In days gone by, plyometrics was called “jump training.” This type of exercise is a technique which you can make use of in various ways. For instance, it is possible for you to do plyometrics in order to assist with training for basketball, volleyball, tennis or, alternatively, any other physical activity which uses explosive movements.
During plyometrics, you’ll perform a series of jumps as well as hops. Good examples of these types of movements are jump squats or one-leg hops. In a plyometric routine, you might jump up and onto a box or bench. Alternatively, your personal trainer may get you to jump over cones. Some moves will be quicker as opposed to others.
Every time that you land from a jump, your muscles are stretched. This gives your next jump an even greater feeling of power. A combination of stretching as well as contracting your muscles gets them into shape in the most effective manner possible.
You won’t perform plyometric exercises every day. This is because your muscles will require a break from everything. If you’re not active at the moment, you may need to start work on your basic fitness first. Later, have a personal trainer show you how to do the plyometric moves so that you don’t get injured.
Plyometrics and the core
When it boils down to conditioning the body’s core muscles, many people have the tendency to focus on the process of isolating muscles by using a high number of repetitions. This is an inefficient manner to engage the core muscles. In addition, this could potentially lead to a muscle imbalance or an injury.
Your core is made up of a number of different muscles. These include your:
- Rectus abdominis (this is what you think of when you think of “abs”),
- Transverse abdominis (which is the deepest internal core muscle which wraps around your sides and spine),
- Erector spinae (which is a set of muscles in your lower back), and
- Internal as well as external obliques (which are the muscles on the sides of your abdomen).
As a number of different combinations of these muscles are engaged in so many different exercises, you don’t have to be performing things which target one particular area, such as sit-ups, in order to challenge these muscles. In actual fact, some of the best as well as most efficient core exercises are those which work the entire muscle group at once. (This also helps keep the muscles balanced, which is important for improving performance and avoiding injury.)
Best practice for plyometrics
Perform every single exercise for the specified number of reps. Engage your core muscles before you begin the exercise. Focus on making sure that you keep your abdominal muscles tight in the entire movement. Your core muscles will assist with keeping your back safe as well as your posture in the right position while you’re through the exercises.
Here are two plyometric exercises which will work your core beautifully:
- Start with your feet hip-distance apart.
- Prepare for your lift-off by “winding up” the body. What we mean by this is bending the knees as well as bringing your hands into your midline.

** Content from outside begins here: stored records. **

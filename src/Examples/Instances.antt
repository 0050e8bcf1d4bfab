-- ===== src/Examples/Instances.antt =====
-- A toy hash, tree and id format in the place of the crates, for runs on concrete inputs.
use gozara.Base.{
  ℕ, zero, suc, ◌≡◌, ◌≢◌, refl, ap, List, [], ◌∷◌, Bool, true, false, ◌&&◌, Option, none, some,
  length, replicate, sum, arith, ◌==◌, nat_eq, string_eq, if◌then◌else◌, Bool-cases, inl, inr,
}
use gozara.Peyk.Blake3.{Blake3}
use gozara.Client.Services.{Services}

abbrev pub are_zeros : ℕ → List ℕ → Bool
are_zeros zero [] = true
are_zeros zero (b ∷ bs) = false
are_zeros (suc n) [] = false
are_zeros (suc n) (b ∷ bs) = (b == 0) && are_zeros n bs

are_zeros-replicate : (n : ℕ) → are_zeros n (replicate n 0) ≡ true
are_zeros-replicate zero = refl
are_zeros-replicate (suc n) = are_zeros-replicate n

are_zeros-eq : (n : ℕ) (l : List ℕ) → are_zeros n l ≡ true → replicate n 0 ≡ l
are_zeros-eq zero [] h = refl
are_zeros-eq zero (b ∷ bs) h = absurd (ground arith)
are_zeros-eq (suc n) [] h = absurd (ground arith)
are_zeros-eq (suc n) (b ∷ bs) h = ground (arith, are_zeros-eq n bs)

length-replicate : (n a : ℕ) → length (replicate n a) ≡ n
length-replicate zero a = refl
length-replicate (suc n) a = ap suc (length-replicate n a)

abbrev pub toy_from_slice : List ℕ → Option ℕ
toy_from_slice [] = none
toy_from_slice (b ∷ bs) = if are_zeros 31 bs then some b else none

pub toy_as_slice-from_slice :
    (bytes : List ℕ) (h : ℕ) → toy_from_slice bytes ≡ some h → h ∷ replicate 31 0 ≡ bytes
toy_as_slice-from_slice [] h e = absurd (ground arith)
toy_as_slice-from_slice (b ∷ bs) h e = elim (Bool-cases (are_zeros 31 bs)) [
  | inl zeros ↦ ground (arith, are_zeros-eq 31 bs zeros)
  | inr others ↦ absurd (ground arith)
]

-- A hash is the sum of the bytes, and its text is of the hash's size.
abbrev pub toy_blake3 : Blake3 ℕ
toy_blake3 = record {
  hash = sum;
  as_slice = λ h. h ∷ replicate 31 0;
  from_slice = toy_from_slice;
  from_bytes = sum;
  to_hex = λ h. replicate 64 b'0';
  length-as_slice = λ h. refl;
  from_slice-as_slice = λ h. refl;
  as_slice-from_slice = toy_as_slice-from_slice;
  length-to_hex = λ h. refl;
}

abbrev pub toy_root : List ℕ → Option ℕ
toy_root [] = none
toy_root (h ∷ hs) = some (sum (h ∷ hs))

pub toy_root-from_leaves : (h : ℕ) (hs : List ℕ) → toy_root (h ∷ hs) ≢ none
toy_root-from_leaves h hs e = ground arith

-- Chunks of four bytes; every id but the empty text is accepted.
abbrev pub toy_services : Services ℕ (List ℕ)
toy_services = record {
  b3 = toy_blake3;
  from_leaves = λ hs. hs;
  root = toy_root;
  root-from_leaves = toy_root-from_leaves;
  parse_id = λ id. if id == "" then none else some id;
  to_str = λ value. some value;
  runs = λ chunk. true;
  chunk_size = 4;
  chunk_size_pos = omega arith;
}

- As you explode up, make sure that you drive both legs out to your sides and, while you’re doing this, bring your hands up. This is so that your body can make a giant “X.” (Your head will be the fifth point of the “star.”)
- Control the movement for a soft landing. Repeat immediately.
- Complete between eight and 12 reps.
Curtsy Lunge With Pause
- Stand on your one leg and step onto your opposite foot behind you. This is so your knee lands on the opposite side of your standing ankle.
- Return to a standing position. Bring the same knee into a hip flexion (in other words, you knee must be in line with your hips).
- Keep your knee, ankle and toe up.
- Pause at the top. Repeat.
- Finish between 10 and 12 reps on the first leg, before switching to the other for 10 to 12 more.